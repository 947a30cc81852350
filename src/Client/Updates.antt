-- ===== src/Client/Updates.antt =====
-- src/network/server.cpp and src/network/cts_connection.cpp: the list of clients that the server
-- sends, and what a client makes of it.
use cs4500project.Server
use cs4500project.Prelude.{
  All, Bool-cases, List, [], ap, append-nil, append_assoc, arith, drop, false, if◌then◌else◌, inl,
  inr, leb, length, length-append, refl, subst, suc, sym, take, take-append, true, zero, ℕ, ◌%◌,
  ◌++◌, ◌+◌, ◌<◌, ◌∙◌, ◌∷◌, ◌≡◌, ◌≤◌,
}
use cs4500project.Client.{Client, parse_data, read_clients}
use cs4500project.Connection.{Connection, success}
use cs4500project.Serializable.{size_max}
use cs4500project.Serializable.Words.{Rest, Rest-append, Rest-length}
use cs4500project.Server.{Server, encode_clients, get_clients}

-- The addresses other than one's own, in order.
unfoldable pub others_of : List ℕ → List (List ℕ) → List (List ℕ)
others_of self [] = []
others_of self (c ∷ clients) =
    if Server.sockaddr_eq self c then others_of self clients else c ∷ others_of self clients

read_clients-encode_clients :
    (fuel : ℕ) (self : List ℕ) (clients : List (List ℕ)) (bytes : List ℕ) (pos : ℕ)
    (others : List (List ℕ))
    → length clients < fuel
    → All (λ c. length c ≡ 16) clients
    → length bytes + 16 < size_max
    → Rest bytes pos (encode_clients clients)
    → read_clients fuel self bytes pos others ≡ others ++ others_of self clients
unfolding read_clients encode_clients others_of
read_clients-encode_clients zero self clients bytes pos others l a small r = absurd (omega arith)
read_clients-encode_clients (suc fuel) self [] bytes pos others l a small r =
    let total = Rest-length r in
    let wrapped : (pos + 16) % size_max ≡ pos + 16 = omega arith in
    let over : leb (pos + 16) (length bytes) ≡ false = ground arith in
    rw (read_clients, wrapped, over) (sym (append-nil others))
read_clients-encode_clients (suc fuel) self (c ∷ clients) bytes pos others l a small r =
    let tail = encode_clients clients in
    let total = Rest-length r in
    let long = length-append c tail in
    let wrapped : (pos + 16) % size_max ≡ pos + 16 = omega (arith, a.0) in
    let within : leb (pos + 16) (length bytes) ≡ true = ground (arith, a.0) in
    let saddr : take 16 (drop pos bytes) ≡ c =
      ap (take 16) r.rest_eq ∙ subst (λ n. take n (c ++ tail) ≡ c) a.0 (take-append c tail) in
    let next : Rest bytes (pos + 16) tail =
      subst (λ n. Rest bytes (pos + n) tail) a.0 (Rest-append c tail r) in
    let ih = read_clients-encode_clients fuel self clients bytes (pos + 16) in
    elim (Bool-cases (Server.sockaddr_eq self c)) [
      | inl e ↦
          rw (read_clients, wrapped, within, saddr, e) (ih others (omega arith) a.1 small next)
      | inr e ↦
          rw (read_clients, wrapped, within, saddr, e, saddr)
            (ih (others ++ c ∷ []) (omega arith) a.1 small next
              ∙ append_assoc others (c ∷ []) (others_of self clients))
    ]

length-encode_clients :
    (clients : List (List ℕ))
    → All (λ c. length c ≡ 16) clients
    → length clients ≤ length (encode_clients clients)
unfolding encode_clients
length-encode_clients [] a = omega arith
length-encode_clients (c ∷ clients) a =
    omega (arith, a.0, length-encode_clients clients a.1, length-append c (encode_clients clients))

-- A client that gets the server's list knows every address of the list but its own, in the
-- server's order, whatever it knew before, and notes that there is an update; nothing else of it
-- or of the connection changes. The addresses are 16 bytes long, and the list is more than 16
-- bytes shorter than 2 ^ 64.
pub parse_data-get_clients :
    (conn : Connection) (c : Client) (s : Server)
    → All (λ a. length a ≡ 16) s.clients
    → length (encode_clients s.clients) + 16 < size_max
    → parse_data conn c (get_clients s).0 ≡ (
      success,
      conn,
      record c { other_clients = others_of c.self s.clients; client_update = true },
    )
unfolding parse_data get_clients
parse_data-get_clients conn c s a small =
    let bytes = encode_clients s.clients in
    let start : Rest bytes 0 bytes = record {
      within = omega arith;
      fits = omega arith;
      rest_eq = refl;
    } in
    let read =
      read_clients-encode_clients (suc (length bytes)) c.self s.clients bytes 0 []
        (omega (arith, length-encode_clients s.clients a)) a small start in
    ap (λ o. (success, conn, record c { other_clients = o; client_update = true })) read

Required work —
Every line above that contains the word "tail" should be reported.

Written solution —
    let tail = encode_clients clients in
    let long = length-append c tail in
      ap (take 16) r.rest_eq ∙ subst (λ n. take n (c ++ tail) ≡ c) a.0 (take-append c tail) in
    let next : Rest bytes (pos + 16) tail =
      subst (λ n. Rest bytes (pos + n) tail) a.0 (Rest-append c tail r) in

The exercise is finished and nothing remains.